Good MCP tool error messages should answer: what happened, why it happened, and what to do next. This is the same principle as good API error design — except the consumer is a language model, not a developer.
The ecosystem today
The MCP server ecosystem is growing fast. Anthropic maintains reference implementations for Brave Search, filesystem access, Git, and a handful of other common integrations. The community has built hundreds more. Claude Desktop, Cursor, and most major AI coding tools now support MCP natively.
What's missing is tooling for enterprise deployment patterns — authentication, access controls at the server level, audit logging, and multi-tenant server architectures. If you're building for production use in a company environment, you're still rolling your own on much of this.

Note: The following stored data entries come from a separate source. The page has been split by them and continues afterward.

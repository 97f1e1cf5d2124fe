-- ===== src/Billing/Effects.antt =====
-- What a checkout that succeeds (src/services/billingService.ts) changes in the stock and in the
-- customers' credit.
use mathlib.Core.Path.{subst}
use backend_v.Prelude.{
  ◌≡◌, refl, sym, ap, ◌∙◌, ◌⊎◌, inl, inr, true, some, List, [], ◌∷◌, nat_beq, find, filter,
  if◌then◌else◌, arith, Bool-cases,
}
use backend_v.Prelude.Int.{ℤ, pos, ◌+ℤ◌, ◌-ℤ◌, negate, int_laws}
use backend_v.Billing.Checkout.{
  checkout_bill, sale_input, deduct, insert_item, deduction_order, charge_payment, charge_input,
  find_replay,
}
use backend_v.Billing.Input.{CheckoutInput, CheckoutItem, to_int}
use backend_v.Audit.{with_logs}
use backend_v.Billing.Outcome.{
  Ended, replayed, refused, failed, raced, sold, unlogged, checkout_log, checkout_bill-Ended,
}
use backend_v.Billing.Prepare.{Prepared, CheckedPayment, prepare, is_credit}
use backend_v.Billing.Record.{Env}
use backend_v.Billing.Settlement.{HasAmounts, prepare-Settled}
use backend_v.Billing.Stages.{Stages, deducted-Tracks, charges-OnlyCredit}
use backend_v.Credit.Ledger.{
  OnlyCredit, KeepsLedger, HasWholeBalances, Charges, Charges-refl, Charges-trans,
  charge_credit-Charges,
}
use backend_v.Errors.{ok}
use backend_v.Inventory.Adjust.Series.{total_change, shop_stock-series}
use backend_v.Inventory.Books.{KeepsStock}
use backend_v.Inventory.Books.Laws.{KeepsStock-frame}
use backend_v.Inventory.Views.Laws.{shop_stock, shop_stock_frame}
use backend_v.Store.Action.{for_each}
use backend_v.Store.Loops.{for_each-eq-ok}
use backend_v.Store.Schema.{RowId, Db, Bill, AuditLog, is_set}

-- The units of a product on the lines of a request.
unfoldable pub wanted_units : RowId → List CheckoutItem → ℤ
wanted_units p [] = pos 0
wanted_units p (t ∷ items) =
    if nat_beq t.product_id p
    then to_int t.quantity +ℤ wanted_units p items
    else wanted_units p items

wanted_units-insert_item :
    (p : RowId) (t : CheckoutItem) (items : List CheckoutItem)
    → wanted_units p (insert_item t items) ≡ wanted_units p (t ∷ items)
unfolding wanted_units insert_item
wanted_units-insert_item p t [] = refl
wanted_units-insert_item p t (u ∷ items) = grind (int_laws, wanted_units-insert_item p t items)

wanted_units-deduction_order :
    (p : RowId) (items : List CheckoutItem)
    → wanted_units p (deduction_order items) ≡ wanted_units p items
unfolding wanted_units deduction_order
wanted_units-deduction_order p [] = refl
wanted_units-deduction_order p (t ∷ items) = grind (
  int_laws,
  wanted_units-insert_item p t (deduction_order items),
  wanted_units-deduction_order p items,
)

total_change-sale :
    (i : CheckoutInput) (s p : RowId) (items : List CheckoutItem)
    → total_change (sale_input i) s p items
      ≡ (if nat_beq s i.shop_id then negate (wanted_units p items) else pos 0)
unfolding total_change wanted_units
total_change-sale i s p [] = grind int_laws
total_change-sale i s p (t ∷ items) = grind (int_laws, arith, total_change-sale i s p items)

-- The deduction loop takes from the branch what the lines ask for, in whatever order.
shop_stock-deducted :
    (i : CheckoutInput) (d d' : Db) (s p : RowId)
    → for_each (deduction_order i.items) (deduct i) d ≡ (ok tt, d')
    → shop_stock d' s p ≡ (
        if nat_beq s i.shop_id
        then shop_stock d s p -ℤ wanted_units p i.items
        else shop_stock d s p)
shop_stock-deducted i d d' s p h = grind (
  int_laws,
  shop_stock-series (sale_input i) (deduction_order i.items) d d' s p h,
  total_change-sale i s p (deduction_order i.items),
  wanted_units-deduction_order p i.items,
)

Stages-shop_stock :
    (env : Env) (i : CheckoutInput) (pr : Prepared) (d : Db) (bill : Bill) (d2 : Db)
    (log : List AuditLog) (s p : RowId)
    → Stages env i pr d bill d2
    → shop_stock (record d2 { audit_logs = log }) s p ≡ (
        if nat_beq s i.shop_id
        then shop_stock d s p -ℤ wanted_units p i.items
        else shop_stock d s p)
Stages-shop_stock env i pr d bill d2 log s p st =
    let only : OnlyCredit st.billed d2 =
      charges-OnlyCredit env i (filter is_credit pr.payments) st.billed d2 st.charged in
    let same : shop_stock (record d2 { audit_logs = log }) s p ≡ shop_stock st.sold s p =
      shop_stock_frame st.sold (record d2 { audit_logs = log }) s p
        (ap (λ (x : Db). x.inventory_source) only
          ∙ ap (λ (x : Db). x.inventory_source) st.billed_is)
        (ap (λ (x : Db). x.branch_inventory) only
          ∙ ap (λ (x : Db). x.branch_inventory) st.billed_is)
        (ap (λ (x : Db). x.cashier_inventory) only
          ∙ ap (λ (x : Db). x.cashier_inventory) st.billed_is) in
    same ∙ shop_stock-deducted i d st.sold s p st.deducted

Stages-KeepsStock :
    (env : Env) (i : CheckoutInput) (pr : Prepared) (d : Db) (bill : Bill) (d2 : Db)
    (log : List AuditLog)
    → Stages env i pr d bill d2
    → KeepsStock d (record d2 { audit_logs = log })
Stages-KeepsStock env i pr d bill d2 log st =
    let only : OnlyCredit st.billed d2 =
      charges-OnlyCredit env i (filter is_credit pr.payments) st.billed d2 st.charged in
    KeepsStock-frame d st.sold (record d2 { audit_logs = log })
      (deducted-Tracks i (deduction_order i.items) d st.sold st.deducted)
      (record {
        source =
            ap (λ (x : Db). x.inventory_source) only
            ∙ ap (λ (x : Db). x.inventory_source) st.billed_is;
        products = ap (λ (x : Db). x.products) only ∙ ap (λ (x : Db). x.products) st.billed_is;
        branch =
            ap (λ (x : Db). x.branch_inventory) only
            ∙ ap (λ (x : Db). x.branch_inventory) st.billed_is;
        cashier =
            ap (λ (x : Db). x.cashier_inventory) only
            ∙ ap (λ (x : Db). x.cashier_inventory) st.billed_is;
        movements = ap (λ (x : Db). x.movements) only ∙ ap (λ (x : Db). x.movements) st.billed_is;
      })

-- The answer is an earlier bill of the key, and nothing is written.
abbrev pub Replays : Env → CheckoutInput → Db → Bill → Db → Type 0
Replays env i d b d' =
    (is_set i.idempotency_key ≡ true)
    × (((find_replay i d ≡ some b) × (d' ≡ d))
        ⊎ ((find_replay i (env.others d) ≡ some b) × (d' ≡ env.others d)))

-- The parts of a checkout that succeeded.
pub checkout_bill-eq-ok :
    (env : Env) (i : CheckoutInput) (d : Db) (b : Bill) (d' : Db)
    → checkout_bill env i d ≡ (ok b, d')
    → Replays env i d b d'
      ⊎ ((p : Prepared) × (bill : Bill) × (d2 : Db) × (log : List AuditLog) × (prepare i d
            ≡ (ok p, d))
          × Stages env i p (env.others d) bill d2
          × (find (λ x. nat_beq x.id bill.id) d2.bills ≡ some b)
          × (d' ≡ record d2 { audit_logs = log }))
checkout_bill-eq-ok env i d b d' h = go (checkout_bill-Ended env i d)
  where
    same : (b2 : Bill) (d2 : Db) → checkout_bill env i d ≡ (ok b2, d2) → (b2 ≡ b) × (d' ≡ d2)
    same b2 d2 k = (cc (h, k), ap (λ y. y.1) (sym h ∙ k))

    go :
        Ended env i d (checkout_bill env i d)
        → Replays env i d b d'
          ⊎ ((p : Prepared) × (bill : Bill) × (d2 : Db) × (log : List AuditLog) × (prepare i d
                ≡ (ok p, d))
              × Stages env i p (env.others d) bill d2
              × (find (λ x. nat_beq x.id bill.id) d2.bills ≡ some b)
              × (d' ≡ record d2 { audit_logs = log }))
    go (replayed b2 key found k) =
        let (is, at) = same b2 d k in inl (key, inl (found ∙ ap some is, at))
    go (refused _ _ k) = cc
    go (failed _ _ _ _ _ k) = cc
    go (unlogged _ _ _ _ _ _ _ _ _ _ k) = cc
    go (raced _ b2 _ _ key found k) =
        let (is, at) = same b2 (env.others d) k in inl (key, inr (found ∙ ap some is, at))
    go (sold p bill b2 d2 prepared st found k) =
        let (is, at) = same b2 (with_logs (checkout_log i p bill) d2) k in
        inr (p, bill, d2, _, prepared, st, found ∙ ap some is, at)

-- A checkout that succeeds is the replay of an earlier bill, and changes nothing, or has taken
-- from the branch's stock of each product the units on its lines, and from no other branch's.
pub checkout_bill-shop_stock :
    (env : Env) (i : CheckoutInput) (d : Db) (b : Bill) (d' : Db)
    → checkout_bill env i d ≡ (ok b, d')
    → Replays env i d b d'
      ⊎ ((s p : RowId)
          → shop_stock d' s p ≡ (
              if nat_beq s i.shop_id
              then shop_stock (env.others d) s p -ℤ wanted_units p i.items
              else shop_stock (env.others d) s p))
checkout_bill-shop_stock env i d b d' h = elim (checkout_bill-eq-ok env i d b d' h) [
  | inl again ↦ inl again
  | inr sale ↦
      let (p, bill, d2, log, prepared, st, found, at) = sale in
      inr (λ s q.
        ap (λ x. shop_stock x s q) at ∙ Stages-shop_stock env i p (env.others d) bill d2 log s q st)
]

-- A checkout that succeeds leaves no branch and no cashier with less than no stock, if none had
-- less when its transaction began, and the stock rows, the aggregates of the products and the
-- history of movements move together.
pub checkout_bill-Tracks :
    (env : Env) (i : CheckoutInput) (d : Db) (b : Bill) (d' : Db)
    → checkout_bill env i d ≡ (ok b, d')
    → Replays env i d b d' ⊎ KeepsStock (env.others d) d'
checkout_bill-Tracks env i d b d' h = elim (checkout_bill-eq-ok env i d b d' h) [
  | inl again ↦ inl again
  | inr sale ↦
      let (p, bill, d2, log, prepared, st, found, at) = sale in
      inr (
        subst (KeepsStock (env.others d)) (sym at)
          (Stages-KeepsStock env i p (env.others d) bill d2 log st))
]

charge_loop-Charges :
    (env : Env) (i : CheckoutInput) (ps : List CheckedPayment) (d d' : Db)
    → HasAmounts ps
    → for_each ps (charge_payment env i) d ≡ (ok tt, d')
    → Charges d d'
unfolding for_each
charge_loop-Charges env i [] d d' h e = subst (Charges d) (ap (λ r. r.1) e) (Charges-refl d)
charge_loop-Charges env i (p ∷ ps) d d'' h e =
    let (d', first, rest) = for_each-eq-ok p ps (charge_payment env i) d d'' e in
    Charges-trans (charge_credit-Charges (charge_input env i p) d d' (omega (arith, h.0)) first)
      (charge_loop-Charges env i ps d' d'' h.1 rest)

HasAmounts-filter : (ps : List CheckedPayment) → HasAmounts ps → HasAmounts (filter is_credit ps)
HasAmounts-filter [] h = tt
HasAmounts-filter (p ∷ ps) h = elim (Bool-cases (is_credit p)) [
  | inl hit ↦ rw hit (h.0, HasAmounts-filter ps h.1)
  | inr miss ↦ rw miss (HasAmounts-filter ps h.1)
]

Stages-KeepsLedger :
    (env : Env) (i : CheckoutInput) (p : Prepared) (d : Db) (bill : Bill) (d2 : Db)
    → HasAmounts p.payments
    → HasWholeBalances d
    → Stages env i p d bill d2
    → KeepsLedger d d2 × HasWholeBalances d2
Stages-KeepsLedger env i p d bill d2 amounts whole st =
    let tracks = deducted-Tracks i (deduction_order i.items) d st.sold st.deducted in
    let customers : st.billed.customers ≡ d.customers =
      ap (λ (x : Db). x.customers) st.billed_is ∙ tracks.customers in
    let ledger : st.billed.credit_transactions ≡ d.credit_transactions =
      ap (λ (x : Db). x.credit_transactions) st.billed_is ∙ tracks.credit_transactions in
    let charges =
      charge_loop-Charges env i (filter is_credit p.payments) st.billed d2
        (HasAmounts-filter p.payments amounts) st.charged in
    rw (customers, ledger) at (charges.ledger (rw customers whole))

-- A checkout that succeeds moves the balance of each customer by what it adds to the credit
-- ledger, and keeps the balances whole numbers of paise, if they are so when its transaction
-- begins.
pub checkout_bill-KeepsLedger :
    (env : Env) (i : CheckoutInput) (d : Db) (b : Bill) (d' : Db)
    → HasWholeBalances (env.others d)
    → checkout_bill env i d ≡ (ok b, d')
    → Replays env i d b d' ⊎ (KeepsLedger (env.others d) d' × HasWholeBalances d')
checkout_bill-KeepsLedger env i d b d' whole h = elim (checkout_bill-eq-ok env i d b d' h) [
  | inl again ↦ inl again
  | inr sale ↦
      let (p, bill, d2, log, prepared, st, found, at) = sale in
      let amounts = (prepare-Settled i d p d prepared).amounts in
      inr (
        subst (λ x. KeepsLedger (env.others d) x × HasWholeBalances x) (sym at)
          (Stages-KeepsLedger env i p (env.others d) bill d2 amounts whole st))
]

That will change. The protocol is solid. The infrastructure around it is catching up.
Why it matters
The thing that changed for me when I started using MCP properly: my agent went from a capable chat interface to something that could actually do autonomous work. Not because the model got smarter (it didn't), but because the surface area of actions it could take expanded dramatically.
An agent that can read files, query databases, call APIs, and browser-automate is categorically more capable than one that can only generate text. MCP is the mechanism that makes the first kind of agent composable and maintainable — instead of bespoke.
If you're building AI-powered products in 2026 and haven't looked at MCP yet, it's worth an afternoon. Build a server for a tool you use every day, connect it to Claude, and watch what happens when the model can actually reach out and touch your systems.